> WHAT IS BEING ASKED: Using the records below, give again exactly the lines from the line that contains "-- Every edge" through the line that contains "k → Grows g k", both ends included, and only those.

TASK INPUTS Block Start

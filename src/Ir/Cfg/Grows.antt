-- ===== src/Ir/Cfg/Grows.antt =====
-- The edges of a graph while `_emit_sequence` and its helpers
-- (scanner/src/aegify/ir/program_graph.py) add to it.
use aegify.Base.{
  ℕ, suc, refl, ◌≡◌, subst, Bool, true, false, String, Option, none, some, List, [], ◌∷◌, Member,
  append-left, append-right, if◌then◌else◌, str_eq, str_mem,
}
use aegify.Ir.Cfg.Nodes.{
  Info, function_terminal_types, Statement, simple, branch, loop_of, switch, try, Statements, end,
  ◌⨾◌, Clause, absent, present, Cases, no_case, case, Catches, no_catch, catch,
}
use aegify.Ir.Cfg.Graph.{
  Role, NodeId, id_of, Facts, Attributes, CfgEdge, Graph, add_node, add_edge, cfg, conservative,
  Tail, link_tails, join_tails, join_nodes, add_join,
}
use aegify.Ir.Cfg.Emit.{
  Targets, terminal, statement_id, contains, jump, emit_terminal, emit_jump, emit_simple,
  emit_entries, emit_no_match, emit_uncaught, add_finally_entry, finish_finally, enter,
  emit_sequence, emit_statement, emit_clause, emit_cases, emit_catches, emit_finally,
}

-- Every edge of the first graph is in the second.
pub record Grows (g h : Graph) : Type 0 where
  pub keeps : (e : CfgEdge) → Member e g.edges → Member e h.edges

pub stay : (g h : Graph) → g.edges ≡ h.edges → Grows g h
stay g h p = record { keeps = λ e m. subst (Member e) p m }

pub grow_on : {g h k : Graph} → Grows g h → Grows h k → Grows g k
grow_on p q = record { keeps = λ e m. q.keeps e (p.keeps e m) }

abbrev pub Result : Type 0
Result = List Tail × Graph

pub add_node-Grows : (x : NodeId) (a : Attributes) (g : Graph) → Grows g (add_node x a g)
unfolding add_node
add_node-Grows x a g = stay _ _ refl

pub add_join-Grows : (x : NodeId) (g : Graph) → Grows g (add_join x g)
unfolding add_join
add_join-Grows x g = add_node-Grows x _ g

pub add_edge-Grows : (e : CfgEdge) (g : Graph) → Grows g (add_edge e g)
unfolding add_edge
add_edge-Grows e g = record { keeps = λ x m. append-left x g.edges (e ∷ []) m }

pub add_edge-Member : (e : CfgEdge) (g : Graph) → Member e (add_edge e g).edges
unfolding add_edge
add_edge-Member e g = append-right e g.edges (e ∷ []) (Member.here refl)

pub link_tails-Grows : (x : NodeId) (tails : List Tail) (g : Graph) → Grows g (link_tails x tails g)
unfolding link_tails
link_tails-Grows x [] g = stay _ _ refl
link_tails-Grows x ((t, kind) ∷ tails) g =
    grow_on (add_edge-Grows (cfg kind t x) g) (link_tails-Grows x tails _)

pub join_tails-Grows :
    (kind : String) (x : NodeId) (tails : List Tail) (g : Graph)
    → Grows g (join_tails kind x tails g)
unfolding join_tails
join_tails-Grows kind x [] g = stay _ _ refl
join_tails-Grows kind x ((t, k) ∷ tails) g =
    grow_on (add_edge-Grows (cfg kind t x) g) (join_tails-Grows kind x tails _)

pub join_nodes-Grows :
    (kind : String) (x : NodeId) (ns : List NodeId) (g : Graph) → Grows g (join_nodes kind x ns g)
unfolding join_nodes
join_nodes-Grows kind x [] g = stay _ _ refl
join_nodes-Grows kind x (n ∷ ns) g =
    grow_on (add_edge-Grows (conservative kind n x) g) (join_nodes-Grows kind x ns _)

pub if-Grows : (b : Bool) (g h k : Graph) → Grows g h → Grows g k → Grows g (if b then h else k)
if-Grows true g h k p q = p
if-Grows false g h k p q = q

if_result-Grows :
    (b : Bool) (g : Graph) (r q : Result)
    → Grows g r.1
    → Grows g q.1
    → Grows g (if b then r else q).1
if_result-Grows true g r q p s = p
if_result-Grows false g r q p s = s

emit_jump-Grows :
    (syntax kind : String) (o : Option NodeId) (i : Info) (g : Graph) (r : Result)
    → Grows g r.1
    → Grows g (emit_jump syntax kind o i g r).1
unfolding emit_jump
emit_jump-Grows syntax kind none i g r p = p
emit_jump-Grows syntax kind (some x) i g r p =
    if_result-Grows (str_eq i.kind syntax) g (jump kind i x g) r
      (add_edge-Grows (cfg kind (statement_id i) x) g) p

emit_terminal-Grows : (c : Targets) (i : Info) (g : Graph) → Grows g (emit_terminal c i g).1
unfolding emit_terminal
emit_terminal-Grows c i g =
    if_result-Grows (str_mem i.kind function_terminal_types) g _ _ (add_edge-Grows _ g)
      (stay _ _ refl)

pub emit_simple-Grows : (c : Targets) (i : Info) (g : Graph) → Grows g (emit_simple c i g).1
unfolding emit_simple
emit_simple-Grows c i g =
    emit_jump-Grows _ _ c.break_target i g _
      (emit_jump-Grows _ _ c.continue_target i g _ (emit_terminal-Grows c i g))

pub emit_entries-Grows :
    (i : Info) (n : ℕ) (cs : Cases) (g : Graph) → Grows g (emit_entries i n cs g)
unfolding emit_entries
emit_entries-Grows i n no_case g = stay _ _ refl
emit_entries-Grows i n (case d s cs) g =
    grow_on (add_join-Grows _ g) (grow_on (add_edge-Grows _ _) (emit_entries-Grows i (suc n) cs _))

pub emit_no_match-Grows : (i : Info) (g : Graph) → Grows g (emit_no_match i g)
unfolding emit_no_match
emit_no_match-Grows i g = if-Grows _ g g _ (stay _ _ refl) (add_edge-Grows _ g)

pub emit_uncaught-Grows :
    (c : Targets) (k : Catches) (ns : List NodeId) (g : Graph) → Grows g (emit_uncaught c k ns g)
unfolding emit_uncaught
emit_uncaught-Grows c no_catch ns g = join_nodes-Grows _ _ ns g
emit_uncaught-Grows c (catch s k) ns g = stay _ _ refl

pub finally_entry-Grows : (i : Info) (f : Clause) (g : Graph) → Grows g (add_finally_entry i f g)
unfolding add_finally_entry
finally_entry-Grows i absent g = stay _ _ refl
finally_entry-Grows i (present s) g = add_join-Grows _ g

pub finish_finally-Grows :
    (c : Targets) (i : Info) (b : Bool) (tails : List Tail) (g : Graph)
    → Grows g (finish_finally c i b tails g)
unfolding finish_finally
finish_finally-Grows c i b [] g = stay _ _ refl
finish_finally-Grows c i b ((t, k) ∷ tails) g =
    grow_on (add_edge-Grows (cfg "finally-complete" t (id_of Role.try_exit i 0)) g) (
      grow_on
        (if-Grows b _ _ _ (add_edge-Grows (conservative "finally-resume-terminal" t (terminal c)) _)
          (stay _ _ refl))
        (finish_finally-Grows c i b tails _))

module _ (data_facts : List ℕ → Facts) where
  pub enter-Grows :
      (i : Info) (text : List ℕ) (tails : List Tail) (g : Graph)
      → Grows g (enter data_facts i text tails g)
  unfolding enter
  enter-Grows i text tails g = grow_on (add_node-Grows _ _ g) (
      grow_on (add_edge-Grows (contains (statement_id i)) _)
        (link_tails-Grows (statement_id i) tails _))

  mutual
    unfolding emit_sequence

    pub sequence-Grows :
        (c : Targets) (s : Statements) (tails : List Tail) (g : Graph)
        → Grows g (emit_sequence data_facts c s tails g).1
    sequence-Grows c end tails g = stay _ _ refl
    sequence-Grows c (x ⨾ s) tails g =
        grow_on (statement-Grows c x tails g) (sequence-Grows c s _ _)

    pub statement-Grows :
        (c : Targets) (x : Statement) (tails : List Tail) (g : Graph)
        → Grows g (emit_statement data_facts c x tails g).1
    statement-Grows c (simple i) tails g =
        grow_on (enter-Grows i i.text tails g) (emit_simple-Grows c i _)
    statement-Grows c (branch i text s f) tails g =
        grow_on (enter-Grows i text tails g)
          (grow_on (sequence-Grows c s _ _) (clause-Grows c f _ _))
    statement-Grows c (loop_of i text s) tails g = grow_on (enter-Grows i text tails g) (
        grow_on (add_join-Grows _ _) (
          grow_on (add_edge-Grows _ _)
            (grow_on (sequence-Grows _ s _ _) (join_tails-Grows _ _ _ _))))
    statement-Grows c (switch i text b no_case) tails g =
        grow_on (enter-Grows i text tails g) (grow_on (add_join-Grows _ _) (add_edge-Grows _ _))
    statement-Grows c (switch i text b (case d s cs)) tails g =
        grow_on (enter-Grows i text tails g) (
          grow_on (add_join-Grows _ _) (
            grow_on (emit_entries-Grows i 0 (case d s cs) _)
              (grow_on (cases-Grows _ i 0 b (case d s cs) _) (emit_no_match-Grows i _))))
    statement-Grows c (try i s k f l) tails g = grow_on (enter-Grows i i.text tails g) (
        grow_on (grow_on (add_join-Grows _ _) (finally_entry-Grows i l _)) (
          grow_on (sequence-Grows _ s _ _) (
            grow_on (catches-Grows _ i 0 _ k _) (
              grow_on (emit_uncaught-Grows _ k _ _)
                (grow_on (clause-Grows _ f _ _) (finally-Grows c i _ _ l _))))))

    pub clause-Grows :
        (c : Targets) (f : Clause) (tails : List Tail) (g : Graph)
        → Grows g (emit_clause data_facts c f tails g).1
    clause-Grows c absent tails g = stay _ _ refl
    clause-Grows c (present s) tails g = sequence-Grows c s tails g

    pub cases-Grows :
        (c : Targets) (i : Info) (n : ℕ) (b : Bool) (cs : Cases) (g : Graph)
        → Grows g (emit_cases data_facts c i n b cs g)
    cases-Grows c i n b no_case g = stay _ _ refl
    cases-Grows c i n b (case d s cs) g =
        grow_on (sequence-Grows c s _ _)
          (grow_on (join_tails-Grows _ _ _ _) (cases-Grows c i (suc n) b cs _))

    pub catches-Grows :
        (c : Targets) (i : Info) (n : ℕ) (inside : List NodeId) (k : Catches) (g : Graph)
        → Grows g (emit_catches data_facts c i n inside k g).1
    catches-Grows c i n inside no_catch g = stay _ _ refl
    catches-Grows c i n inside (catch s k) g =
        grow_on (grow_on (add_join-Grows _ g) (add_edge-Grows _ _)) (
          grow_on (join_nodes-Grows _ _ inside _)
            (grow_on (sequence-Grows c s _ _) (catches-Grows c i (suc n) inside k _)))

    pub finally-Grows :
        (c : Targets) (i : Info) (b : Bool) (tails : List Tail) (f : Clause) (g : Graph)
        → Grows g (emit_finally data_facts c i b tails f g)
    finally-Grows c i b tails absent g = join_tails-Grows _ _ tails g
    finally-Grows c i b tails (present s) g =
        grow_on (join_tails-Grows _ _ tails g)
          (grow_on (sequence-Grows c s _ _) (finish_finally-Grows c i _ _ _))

TASK INPUTS Block End

> TASK SOLUTION:
-- Every edge of the first graph is in the second.
pub record Grows (g h : Graph) : Type 0 where
  pub keeps : (e : CfgEdge) → Member e g.edges → Member e h.edges

pub stay : (g h : Graph) → g.edges ≡ h.edges → Grows g h
stay g h p = record { keeps = λ e m. subst (Member e) p m }

pub grow_on : {g h k : Graph} → Grows g h → Grows h k → Grows g k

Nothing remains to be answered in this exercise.